Property can be one of your biggest overheads. Renting out spare office space for much needed revenue is tempting. But if you don’t take the proper precautions, it can be more trouble than it’s worth.
Remote working was the norm for 2020, and the future is uncertain for traditional workplaces. The pandemic has led many business owners to consider different flexible working arrangements. Some companies have found themselves stuck in fixed, long leasehold agreements. But renting spare office areas to like-minded businesses could be the answer.
We’ve explained the key considerations before rushing to calculate your additional income.
If you are renting your property, you need to read your lease to establish whether there are any clauses restricting you from sharing the property with another business. These clauses are usually labelled as ‘subletting’ or ‘assignment’ clauses.
Your landlord may have included a complete or qualified prohibition in your lease. An absolute or compete ban means you cannot sublet it at all. If the ban is qualified, you need the landlord’s formal consent before you can share or sublet (sharing on a long-term basis).
You’ll be expected to pay the landlord’s legal and surveyors’ costs. Obtaining a formal licence to underlet can cost hundreds of pounds and it usually takes a while to agree.
You’ll also need to check that you are insured to share the office space.
To rent out spare office space, businesses either use a sublease or a licence agreement.
A lease is between a landlord and tenant. It grants the legal right to exclusive possession of premises for a period of time, in return for rent.
A licence is between a licensor and licensee. It grants contractual rights to occupy premises in return for a licence fee. It doesn’t entitle you to exclusive possession.
Generally, landlords tend to favour a licence. It offers a licensee less protection than under a lease.
By law, landlords are required to provide tenants with a valid Energy Performance Certificate (EPC) at the beginning of a new tenancy. However, an EPC should be available to prospective tenants as soon as you begin marketing the property to rent.
On 1 April 2018, it become unlawful for landlords of privately rented property to grant new leases for property with an EPC rating below E. in April 20202, the MEES legislation was extended to include any property within an existing or continuing tenancy. This means that all landlords of privately rented properties in England and Wales must achieve an EPC rating of at least E.
Under the Landlord and Tenant Act 1954, tenants can acquire statutory rights of occupation. If it applies, the tenant can be automatically entitled to a new tenancy on similar terms upon the expiry of the initial lease.
A landlord will only be permitted to terminate the tenancy in limited circumstances. Trying to do so can be expensive, as the tenants can claim compensation and landlords will incur legal fees.
A tenancy for a term of six months or less does not ordinarily attract security of tenure under the 1954 Act.

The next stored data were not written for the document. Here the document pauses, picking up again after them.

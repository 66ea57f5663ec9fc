-- ===== src/K8s/Ready.antt =====
-- internal/k8s/pods.go: the end of WaitForReady.
use docker_in_kubernetes.Prelude.{
  ℕ, zero, suc, ◌+◌, ◌*◌, ◌≤◌, ◌<◌, true, ◌||◌, Option, none, some, ◌≡◌, ◌≢◌, inl, inr, Text, arith,
  ltb, lt→ltb, Bool-cases, Option-cases,
}
use docker_in_kubernetes.Pod.{Pod, Phase}
use docker_in_kubernetes.K8s.{
  Api, Outcome-cases, done, get, is_ready, is_phase, ready_verdict, wait_loop,
}

module _ {ℓ} {S : Type ℓ} (api : Api S) (at : ℕ → S) (now : ℕ → ℕ) (cancelled : ℕ → Option Text)
    (timeout : Text) where
  -- One turn of the loop returns when the clock has passed the deadline.
  wait_loop_late :
      (deadline fuel : ℕ) (name : Text) (i : ℕ)
      → deadline < now i
      → wait_loop api at now cancelled timeout deadline (suc fuel) name i ≢ none
  unfolding wait_loop
  wait_loop_late deadline fuel name i late h = elim (Outcome-cases (get api (at i) name)) [
    | inr (e, g) ↦ ground (arith, g)
    | inl (pod, g) ↦ elim (Option-cases (ready_verdict api name pod)) [
      | inr (v, r) ↦ ground (arith, g, r)
      | inl r ↦ ground (arith, g, r, lt→ltb deadline (now i) late)
    ]
  ]

  -- One turn returns if the turns after it do.
  wait_loop_next :
      (deadline fuel : ℕ) (name : Text) (i : ℕ)
      → wait_loop api at now cancelled timeout deadline fuel name (suc i) ≢ none
      → wait_loop api at now cancelled timeout deadline (suc fuel) name i ≢ none
  unfolding wait_loop
  wait_loop_next deadline fuel name i later h = elim (Outcome-cases (get api (at i) name)) [
    | inr (e, g) ↦ ground (arith, g)
    | inl (pod, g) ↦ elim (Option-cases (ready_verdict api name pod)) [
      | inr (v, r) ↦ ground (arith, g, r)
      | inl r ↦ elim (Bool-cases (ltb deadline (now i))) [
        | inl late ↦ ground (arith, g, r, late)
        | inr early ↦ elim (Option-cases (cancelled i)) [
          | inr (e, c) ↦ ground (arith, g, r, early, c)
          | inl c ↦ later (ground (arith, g, r, early, c))
        ]
      ]
    ]
  ]

  -- The wait ends: with a clock that moves on by at least `interval` from a poll to the next, the
  -- loop returns within any fuel whose polls reach past the deadline.
  pub wait_loop_total :
      (start interval deadline : ℕ)
      → ((i : ℕ) → start + i * interval ≤ now i)
      → (fuel : ℕ) (name : Text) (i : ℕ) → deadline < start + (i + fuel) * interval
      → wait_loop api at now cancelled timeout deadline (suc fuel) name i ≢ none
  wait_loop_total start interval deadline clock zero name i far =
      wait_loop_late deadline zero name i (ground (arith, clock i))
  wait_loop_total start interval deadline clock (suc fuel) name i far =
      wait_loop_next deadline (suc fuel) name i
        (wait_loop_total start interval deadline clock fuel name (suc i) (ground arith))

  -- A wait that ends well has read, at some poll, a pod that was ready or had succeeded.
  pub wait_loop-done :
      (deadline fuel : ℕ) (name : Text) (i : ℕ)
      → wait_loop api at now cancelled timeout deadline fuel name i ≡ some (done tt)
      → (j : ℕ) × (pod : Pod) × (get api (at j) name ≡ done pod)
        × (is_ready pod || is_phase pod.status.phase Phase.succeeded ≡ true)
  unfolding wait_loop ready_verdict
  wait_loop-done deadline zero name i h = ground arith
  wait_loop-done deadline (suc fuel) name i h = elim (Outcome-cases (get api (at i) name)) [
    | inr (e, g) ↦ ground (arith, g)
    | inl (pod, g) ↦ elim (Bool-cases (is_ready pod || is_phase pod.status.phase Phase.succeeded)) [
      | inl ready ↦ (i, pod, g, ready)
      | inr unready ↦ wait_loop-done deadline fuel name (suc i) (ground (arith, g, unready))
    ]
  ]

If provisions are agreed to extend that term, or the existing terms are renewed on the same basis (i.e. the tenant would have been in occupation for a year), there are potential risks.
It’s possible to exclude the 1954 Act security of tenure provisions, if both parties agree. A strict procedure must be followed, including a formal notice by the landlord. The tenant must declare their understanding of giving up valuable rights which would otherwise be granted by the 1954 Act.
It’s tempting to let someone informally occupy the space with terms agreed verbally. You would avoid the costs of going through a landlord and it’s faster. But without a formal document, you’re exposed to multiple risks.
Disputes with your landlord, the occupier and potential eviction are all on the cards. The financial costs, stress and reputation damage could ruin a growing business.
Key takeaway: It’s hard to predict what office space you’ll need further down the line. Renting areas on a short-term basis can give you much needed income. Licenses and leases have different advantages, so it’s best to get legal advice to make sure your business interests are protected.